We report on microstructural and mechanical property changes as a function of radiation damage value in proton-irradiated austenitic stainless steel by means of advanced characterization techniques. The microstructural changes in proton-irradiated austenitic stainless steel were analyzed by transmission electron microscopy for observation of radiation-induced defects as well as the measurement of the chemical composition at grain boundaries. The radiation hardening after the proton irradiation was characterized by nano indentation for changes in hardness profiles with radiation damage.

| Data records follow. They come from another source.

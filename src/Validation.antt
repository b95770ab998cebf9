-- ===== src/Validation.antt =====
-- app/services/validation.py: the gate between the landing and the staging tier. Its children hold
-- the constraints, the validation of a record and the match key; here values are normalised and
-- coerced. An error is its field and its code; the message and the quoted value are left out.
pub mod Ranges
pub mod Constraints
pub mod Record
pub mod MatchKey
use Prim.Native.Char.{code}
use Prim.Native.String
use open_mdm.Base.{
  ℕ, String, Bool, true, false, not, ◌&&◌, ◌||◌, Option, none, some, List, [], ◌∷◌, leb, eqb,
  member, is_empty, ◌==◌, if◌then◌else◌,
}
use open_mdm.Base.Int.{ℤ, pos, negsuc, abs}
use open_mdm.Base.Text.{strip, is_empty_text, remove_commas, collapse_whitespace}
use open_mdm.Python.{
  Python, Value, null, bool, int, float, str, decimal, date, datetime, uuid, arr, obj,
}
use open_mdm.Python.Str.{lower, upper, title, strip_punctuation, digits_only, to_str}

abbrev pub truthy_words : List String
truthy_words = "true" ∷ "t" ∷ "yes" ∷ "y" ∷ "1" ∷ "on" ∷ []

abbrev pub falsy_words : List String
falsy_words = "false" ∷ "f" ∷ "no" ∷ "n" ∷ "0" ∷ "off" ∷ []

abbrev pub date_formats : List String
date_formats = "%Y-%m-%d" ∷ "%d/%m/%Y" ∷ "%m/%d/%Y" ∷ "%Y/%m/%d" ∷ "%d-%b-%Y" ∷ "%Y%m%d" ∷ []

abbrev pub datetime_formats : List String
datetime_formats =
    "%Y-%m-%dT%H:%M:%S.%f%z" ∷ "%Y-%m-%dT%H:%M:%S%z" ∷ "%Y-%m-%dT%H:%M:%S" ∷ "%Y-%m-%d %H:%M:%S"
    ∷ "%Y-%m-%d %H:%M" ∷ "%Y-%m-%dT%H:%M" ∷ []

-- A `ValidationError`.
pub record FieldError : Type 0 where
  pub at : String
  pub code : String

-- Why a value could not be coerced: the messages of `coerce_value`.
pub data CoerceError : Type 0 where
  not_an_email not_whole out_of_range not_a_boolean not_a_date not_a_timestamp : CoerceError
  cannot_convert : CoerceError

abbrev pub Coerced : Type 0
Coerced = Value × Option CoerceError

-- `s.replace("Z", "+00:00")`
unfoldable pub replace_zulu : String → String
replace_zulu String.[] = String.[]
replace_zulu (String.◌∷◌ c s) =
    let rest = replace_zulu s in
    if eqb (code c) b'Z' then String.◌++◌ "+00:00" rest else String.◌∷◌ c rest

abbrev pub int_limit : String → ℕ
int_limit dt = if dt == "integer" then 2147483647 else 9223372036854775807

abbrev ranged : String → Option ℤ → Coerced
ranged dt none = (null, some cannot_convert)
ranged dt (some z) = if leb (abs z) (int_limit dt) then (int z, none) else (null, some out_of_range)

abbrev parsed : (String → Value) → Option String → Coerced
parsed make none = (null, some cannot_convert)
parsed make (some s) = (make s, none)

-- None, and a text that strips to nothing.
abbrev pub is_blank : Value → Bool
is_blank null = true
is_blank (str s) = is_empty_text (strip s)
is_blank _ = false

module _ (py : Python) where
  -- One rule of the list; none is the early `return None`.
  apply_rule : String → String → Option String
  apply_rule r out =
      if r == "trim"
      then some (strip out)
      else if r == "lower"
      then some (lower py out)
      else if r == "upper"
      then some (upper py out)
      else if r == "title"
      then some (title py out)
      else if r == "collapse_whitespace"
      then some (collapse_whitespace out)
      else if r == "strip_punctuation"
      then some (strip_punctuation py out)
      else if r == "digits_only"
      then some (digits_only py out)
      else if r == "nullify_empty" && is_empty_text (strip out)
      then none
      else some out

  normalize_text : String → List String → Value
  normalize_text out [] = str out
  normalize_text out (rule ∷ rules) = elim (apply_rule (lower py rule) out) [
    | none ↦ null
    | some next ↦ normalize_text next rules
  ]

  unfoldable pub normalize_value : Value → List String → Value
  unfolding normalize_text apply_rule
  normalize_value (str s) rules = normalize_text s rules
  normalize_value v rules = v

  -- `int(v)`, a text without its commas.
  abbrev pub int_value : Value → Option ℤ
  int_value (int z) = some z
  int_value (str s) = py.int_of (remove_commas (strip s))
  int_value v = py.int_of_value v

  unfoldable pub coerce_int : Value → String → Coerced
  coerce_int (bool true) dt = (int (pos 1), none)
  coerce_int (bool false) dt = (int (pos 0), none)
  coerce_int (float f) dt =
      if py.is_integer f then ranged dt (int_value (float f)) else (null, some not_whole)
  coerce_int v dt = ranged dt (int_value v)

  coerce_text : Value → Coerced
  coerce_text (arr vs) = parsed str (py.json_dumps (arr vs))
  coerce_text (obj fs) = parsed str (py.json_dumps (obj fs))
  coerce_text v = (str (to_str py v), none)

  -- `EMAIL_RE.match(s)`
  email_re : String → Bool
  email_re s = elim (py.re_match "^[^@\\s]+@[^@\\s]+\\.[A-Za-z]{2,}$" s) [
    | none ↦ false
    | some b ↦ b
  ]

  coerce_email : String → Coerced
  coerce_email s = if email_re s then (str s, none) else (str s, some not_an_email)

  coerce_bool : Value → Coerced
  coerce_bool (bool b) = (bool b, none)
  coerce_bool v =
      let s = lower py (strip (to_str py v)) in
      if member s truthy_words
      then (bool true, none)
      else if member s falsy_words
      then (bool false, none)
      else (null, some not_a_boolean)

  -- The first format that parses the text.
  first_format : String → List String → Option String
  first_format s [] = py.fromisoformat s
  first_format s (f ∷ fs) = elim (py.strptime s f) [ none ↦ first_format s fs | some d ↦ some d ]

  coerce_date : Value → Coerced
  coerce_date (datetime d) = (date (py.date_of d), none)
  coerce_date (date d) = (date d, none)
  coerce_date v = elim (first_format (strip (to_str py v)) date_formats) [
    | none ↦ (null, some not_a_date)
    | some d ↦ (date (py.date_of d), none)
  ]

  coerce_timestamp : Value → Coerced
  coerce_timestamp (datetime d) = (datetime d, none)
  coerce_timestamp v = elim (first_format (replace_zulu (strip (to_str py v))) datetime_formats) [
    | none ↦ (null, some not_a_timestamp)
    | some d ↦ (datetime d, none)
  ]

  coerce_json : Value → Coerced
  coerce_json (arr vs) = (arr vs, none)
  coerce_json (obj fs) = (obj fs, none)
  coerce_json v = elim (py.json_loads (to_str py v)) [
    | none ↦ (null, some cannot_convert)
    | some w ↦ (w, none)
  ]

  -- The branches of the `try` block, on a value that is neither None nor blank.
  coerce_as : Value → String → Coerced
  coerce_as v dt =
      if member dt ("string" ∷ "text" ∷ "url" ∷ "enum" ∷ [])
      then coerce_text v
      else if dt == "email"
      then coerce_email (strip (to_str py v))
      else if dt == "integer" || dt == "bigint"
      then coerce_int v dt
      else if dt == "decimal"
      then parsed decimal (py.decimal_of (remove_commas (strip (to_str py v))))
      else if dt == "float"
      then parsed float (py.float_of (remove_commas (strip (to_str py v))))
      else if dt == "boolean"
      then coerce_bool v
      else if dt == "date"
      then coerce_date v
      else if dt == "timestamp"
      then coerce_timestamp v
      else if dt == "uuid"
      then parsed uuid (py.uuid_of (strip (to_str py v)))
      else if dt == "json"
      then coerce_json v
      else (str (to_str py v), none)

  unfoldable pub coerce_value : Value → String → Coerced
  unfolding coerce_as coerce_text coerce_email email_re coerce_int coerce_bool coerce_date
      first_format coerce_timestamp coerce_json
  coerce_value v data_type = if is_blank v then (null, none) else coerce_as v (lower py data_type)
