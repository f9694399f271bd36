-- ===== src/Directory.antt =====
-- Directories of src/uwufs/file_operations.c and low_level_operations.c: the entries of a data block,
-- and the directory as a file of such blocks.
pub mod Text
pub mod Entries
pub mod Find
pub mod Lookup
pub mod Contents
pub mod Add
pub mod Remove
use uwufs.Base.{
  ℕ, zero, suc, ◌+◌, ◌-◌, ◌*◌, ◌/◌, ◌%◌, ◌^◌, ◌≡◌, Bool, true, false, ◌&&◌, Option, none, some,
  List, [], ◌∷◌, ltb, leb, ◌==◌, if◌then◌else◌, length,
}
use uwufs.Bytes.{Bytes, zeros, get, put, poke, blit}
use uwufs.Machine.{
  Machine, Res, ok, fail, crash, enospc, eio, enoent, Io, pure, raise, lift, handle, gets,
  unix_time, ◌>>=◌, ◌>>◌,
}
use uwufs.Block.{load, write_blk}
use uwufs.Freelist.{malloc_blk, free_blk}
use uwufs.Itable.{read_inode, write_inode}
use uwufs.Blockmap.{DataBlockIterator, dblk_itr, next, get_dblk, append_dblk}
use uwufs.Layout.{
  block_size, file_entries_per_blk, file_name_size, direct_blocks, direct_blk, set_direct_blk,
  file_size, set_file_size, file_links_count, set_file_links_count, set_file_atime, set_file_mtime,
  set_file_ctime, entry_inode_num, set_entry_inode_num,
}

-- The text of a buffer: the characters before the first NUL, or all of them if there is none.
unfoldable pub c_str : (size : ℕ) → Bytes → (from : ℕ) → List ℕ
c_str zero b i = []
c_str (suc n) b i =
    let rest = c_str n b (i + 1) in if b i % 256 == 0 then [] else (b i % 256) ∷ rest

-- A text in a buffer, with its NUL; behind it is what the buffer held.
unfoldable pub c_bytes : Bytes → List ℕ → Bytes
unfolding poke
c_bytes buf [] = poke buf 0 0
c_bytes buf (c ∷ cs) =
    let rest = c_bytes (λ i. buf (i + 1)) cs in λ i. if i == 0 then c else rest (i - 1)

-- strcmp(a, b) == 0
unfoldable pub same_text : List ℕ → List ℕ → Bool
same_text [] [] = true
same_text (a ∷ xs) (b ∷ ys) = (a == b) && same_text xs ys
same_text _ _ = false

-- The name of an entry.
abbrev pub entry_name : Bytes → ℕ → List ℕ
entry_name blk i = c_str file_name_size blk (256 * i)

-- How many data blocks hold a file of this size: (size + UWUFS_BLOCK_SIZE - 1) / UWUFS_BLOCK_SIZE
abbrev pub blks_of_size : ℕ → ℕ
blks_of_size size = (size + block_size - 1) % 2 ^ 64 / block_size

-- The value of an int, where a negative one counts as 0: it only bounds loops.
abbrev pub to_int : ℕ → ℕ
to_int n = let low = n % 2 ^ 32 in if ltb low (2 ^ 31) then low else 0

-- The `for` of put_directory_file_entry, with `left` entries to go.
free_entry_from : (left i : ℕ) → Bytes → Option ℕ
free_entry_from zero i blk = none
free_entry_from (suc left) i blk =
    let rest = free_entry_from left (i + 1) blk in
    if entry_inode_num blk i == 0 then some i else rest

-- The entry with its inode number, its name, and a NUL as last character of the name.
fill_entry : Bytes → ℕ → Bytes → ℕ → Bytes
unfolding poke
fill_entry blk i name num =
    poke (blit (set_entry_inode_num blk i num) (256 * i) name 0 file_name_size)
      (256 * i + (file_name_size - 1)) 0

put_in : Option ℕ → Bytes → Bytes → ℕ → Res Bytes
unfolding fill_entry
put_in (some i) blk name num = ok (fill_entry blk i name num)
put_in none blk name num = fail enospc

unfoldable pub put_directory_file_entry : (dir_blk name : Bytes) → (file_inode_num : ℕ) → Res Bytes
unfolding free_entry_from put_in
put_directory_file_entry dir_blk name num =
    put_in (free_entry_from file_entries_per_blk 0 dir_blk) dir_blk name num

-- How many entries are in use, of the `left` ones from `i` on.
unfoldable pub count_entries : (left i : ℕ) → Bytes → ℕ
count_entries zero i blk = 0
count_entries (suc left) i blk =
    let rest = count_entries left (i + 1) blk in
    if entry_inode_num blk i == 0 then rest else rest + 1

-- is_directory_empty: an error of the read is returned as a `bool`, so it counts as true.
abbrev empty_of : Res Bytes → Bool
empty_of (ok blk) = leb (count_entries file_entries_per_blk 0 blk) 2
empty_of _ = true

unfoldable pub is_directory_empty : Bytes → Machine → Bool
unfolding count_entries
is_directory_empty dir_inode d = empty_of (load (direct_blk dir_inode 0) d).0

-- count_directory_file_entries: the ten direct blocks, with `left` to go.
count_in_blks : (left i : ℕ) → Bytes → (num_entries : ℕ) → Io ℕ
count_in_blks zero i dir_inode num = pure num
count_in_blks (suc left) i dir_inode num =
    let rest = count_in_blks left (i + 1) dir_inode in
    if direct_blk dir_inode i == 0 then rest num else do
      blk ← load (direct_blk dir_inode i)
      rest (num + count_entries file_entries_per_blk 0 blk)

unfoldable pub count_directory_file_entries : Bytes → Io ℕ
unfolding count_in_blks count_entries
count_directory_file_entries dir_inode = count_in_blks direct_blocks 0 dir_inode 0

Various transition points for microstructural and mechanical property changes under proton irradiation are analyzed via material characterization of proton-irradiated austenitic stainless steels. The saturation is expected to occur at approximately 10 displacements per atom (dpa) for the radiation-induced segregation of Cr, Ni, and P and approximately 2.5 dpa for radiation hardening. The cavity formation is observed to occur at hydrogen concentration levels greater than 5E5 atomic parts per million (appm) H. It is also found that the transition from black dot to Frank loop happened above approximately 1 dpa.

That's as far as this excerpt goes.